Overuse of H2Blockers
Overutilization of medication, another indicator of inappropriate prescribing, was demonstrated in a retrospective chart review of the use of histamine-2 (H2) receptor blocker therapy among 711 residents in one academic nursing home (Gurwitz et al., 1992). H2 blocker therapy was used for unsubstantiated indications in 41 percent of the 110 residents receiving this category of drugs.

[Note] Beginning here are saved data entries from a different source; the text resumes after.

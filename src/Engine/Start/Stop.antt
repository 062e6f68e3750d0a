-- ===== src/Engine/Start/Stop.antt =====
-- `stop` and `reset` of src/engine/receive-engine.ts: the end of a session.
use notestr.Prelude.{
  ℕ, ◌+◌, ◌≡◌, ◌⊎◌, refl, ◌∙◌, ap, Text, Bool, true, false, Option, none, some, List, [], ◌∷◌, map,
  arith,
}
use notestr.Engine.Types.{IngestSignal, uninitialized, stopped}
use notestr.Engine.World.{
  World, no_degradation, pass, next_await, stop_now, is_halted, stale, emit_state_changed,
  build_checkpoint, ◌>>=◌, call,
}
use notestr.Engine.Writes.{
  StoreCall, settle, attempt_once, write, save_checkpoint_resilient, committed,
}
use notestr.Engine.Handlers.{run_job, process_signal}
use notestr.Engine.Retry.{Ingest, enter_retrying_deferred}
use notestr.Engine.Serial.{on_signal, run_jobs}
use notestr.Engine.Start.{Outcome, resolved, rejected}
use notestr.Engine.Start.Recovery.{stop}
use notestr.Persistence.{Disk, clear_group_state, save_checkpoint, clear_stages}
use notestr.Persistence.Crash.{Crash}
use notestr.Prelude.{ltb, if◌then◌else◌}

-- A stopped engine of that generation.
abbrev IsStopped : ℕ → World → Type 0
IsStopped gen w = (w.lifecycle ≡ stopped) × (w.generation ≡ gen)

pass-IsStopped : (gen : ℕ) (w : World) → IsStopped gen w → IsStopped gen (pass w)
unfolding pass stop_now
pass-IsStopped gen w h = ground arith

settle-IsStopped :
    (gen : ℕ) (fails : Bool) (t : Disk) (r : Option (Unit {0} × Disk)) (w : World)
    → IsStopped gen w
    → IsStopped gen (settle fails t r w).1
unfolding settle
settle-IsStopped gen true t r w h = pass-IsStopped gen (record w { disk = t }) h
settle-IsStopped gen false t none w h = pass-IsStopped gen w h
settle-IsStopped gen false t (some (u, d)) w h = pass-IsStopped gen (record w { disk = d }) h

committed-IsStopped :
    (gen n : ℕ) (r : Option (Unit {0}) × World) → IsStopped gen r.1 → IsStopped gen (committed n r)
committed-IsStopped gen n (none, w) h = h
committed-IsStopped gen n (some u, w) h = go (ltb w.last_committed_save_counter n)
  where
    go : (b : Bool) → IsStopped gen (if b then record w { last_committed_save_counter = n } else w)
    go true = h
    go false = h

save_checkpoint_resilient-IsStopped :
    (gen : ℕ) (g : Text) (w : World)
    → IsStopped gen w
    → IsStopped gen (save_checkpoint_resilient g w)
unfolding save_checkpoint_resilient attempt_once
save_checkpoint_resilient-IsStopped gen g w h =
    let n = w.checkpoint_save_counter + 1 in
    let w₁ = record w { checkpoint_save_counter = n } in
    let save : StoreCall (Unit {0}) = write λ d. save_checkpoint d (build_checkpoint g w₁) in
    committed-IsStopped gen n (attempt_once save w₁) (
      settle-IsStopped gen (next_await w₁).fails (save.torn (next_await w₁).torn w₁.disk)
        (save.run w₁.disk) w₁ h)

stop_now-IsStopped :
    (w : World) → is_halted w.lifecycle ≡ false → IsStopped (w.generation + 1) (stop_now w)
unfolding stop_now emit_state_changed
stop_now-IsStopped w running = rw running (refl, refl)

stop-IsStopped :
    (g : Text) (w : World) → is_halted w.lifecycle ≡ false → IsStopped (w.generation + 1) (stop g w)
unfolding stop
stop-IsStopped g w running =
    let s =
      save_checkpoint_resilient-IsStopped (w.generation + 1) g (stop_now w)
        (stop_now-IsStopped w running) in
    rw running s

stale_job :
    (g : Text) (ingest : Ingest) (fuel gen : ℕ) (signal : IngestSignal) (w : World)
    → w.generation ≡ gen + 1
    → (run_job gen
        (call (process_signal g (enter_retrying_deferred g ingest fuel gen) signal gen))
        w).1
      ≡ w
unfolding run_job ◌>>=◌
stale_job g ingest fuel gen signal w e = let old : stale gen w ≡ true = ground arith in rw old refl

stale_jobs :
    (g : Text) (ingest : Ingest) (fuel gen : ℕ) (signals : List IngestSignal) (w : World)
    → w.generation ≡ gen + 1
    → run_jobs g ingest fuel (map (λ s. on_signal s gen) signals) w ≡ w
unfolding run_jobs
stale_jobs g ingest fuel gen [] w e = refl
stale_jobs g ingest fuel gen (signal ∷ signals) w e =
    let queued = map (λ (s : IngestSignal). on_signal s gen) signals in
    ap (λ (v : World). run_jobs g ingest fuel queued v) (stale_job g ingest fuel gen signal w e)
    ∙ stale_jobs g ingest fuel gen signals w e

-- `stop` ends a running session for good: the engine is stopped, whatever happens while its last
-- checkpoint is written, and the signals of that session that still stand in the serial queue change
-- nothing when their turn comes: not the stores, not what the listeners were told, not the state.
pub stop-silences :
    (g : Text) (ingest : Ingest) (fuel : ℕ) (signals : List IngestSignal) (w : World)
    → is_halted w.lifecycle ≡ false
    → ((stop g w).lifecycle ≡ stopped)
      × (run_jobs g ingest fuel (map (λ s. on_signal s w.generation) signals) (stop g w) ≡ stop g w)
stop-silences g ingest fuel signals w running =
    let s = stop-IsStopped g w running in
    (s.0, stale_jobs g ingest fuel w.generation signals (stop g w) s.1)

-- What `reset` clears in the engine.
pub record IsCleared (w : World) : Type 0 where
  pub no_reasons : w.degradation ≡ no_degradation
  pub watermark : w.last_ingested_seq ≡ 0
  pub not_bootstrapped : w.bootstrap_completed ≡ false
  pub no_catch_up : w.catch_up_invocation_count ≡ 0
  pub not_latched : w.pending_deferred_retry ≡ false

-- How a reset ends: the stores are purged and the engine may start again; or `stop` came while the
-- stores were purged; or the purge was refused, and the stores are as a crash of it can leave them.
pub data ResetEnds (g : Text) (w : World) : Outcome × World → Type 0 where
  purged :
      {w' : World}
      → clear_group_state g w.disk ≡ some w'.disk
      → w'.lifecycle ≡ uninitialized
      → ResetEnds g w (resolved, w')
  overtaken :
      {w' : World}
      → clear_group_state g w.disk ≡ some w'.disk
      → (next_await w).stops ≡ true
      → ResetEnds g w (resolved, w')
  refused :
      {w' : World}
      → ((next_await w).fails ≡ true) ⊎ (clear_group_state g w.disk ≡ none)
      → (w'.disk ≡ w.disk) ⊎ Crash (clear_stages g) w.disk w'.disk
      → ResetEnds g w (rejected, w')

INCIDENCE OF MEDICATION ERRORS IN AMBULATORY CARE
For the purposes of this study, the committee examined medication error rates in six different settings within the ambulatory care domain: (1) the interface between care settings, for example, from hospital care to outpatient clinic; (2) the ambulatory clinic; (3) the community or mail order pharmacy; (4) the home care setting; (5) the self-care setting; and (6) the school setting.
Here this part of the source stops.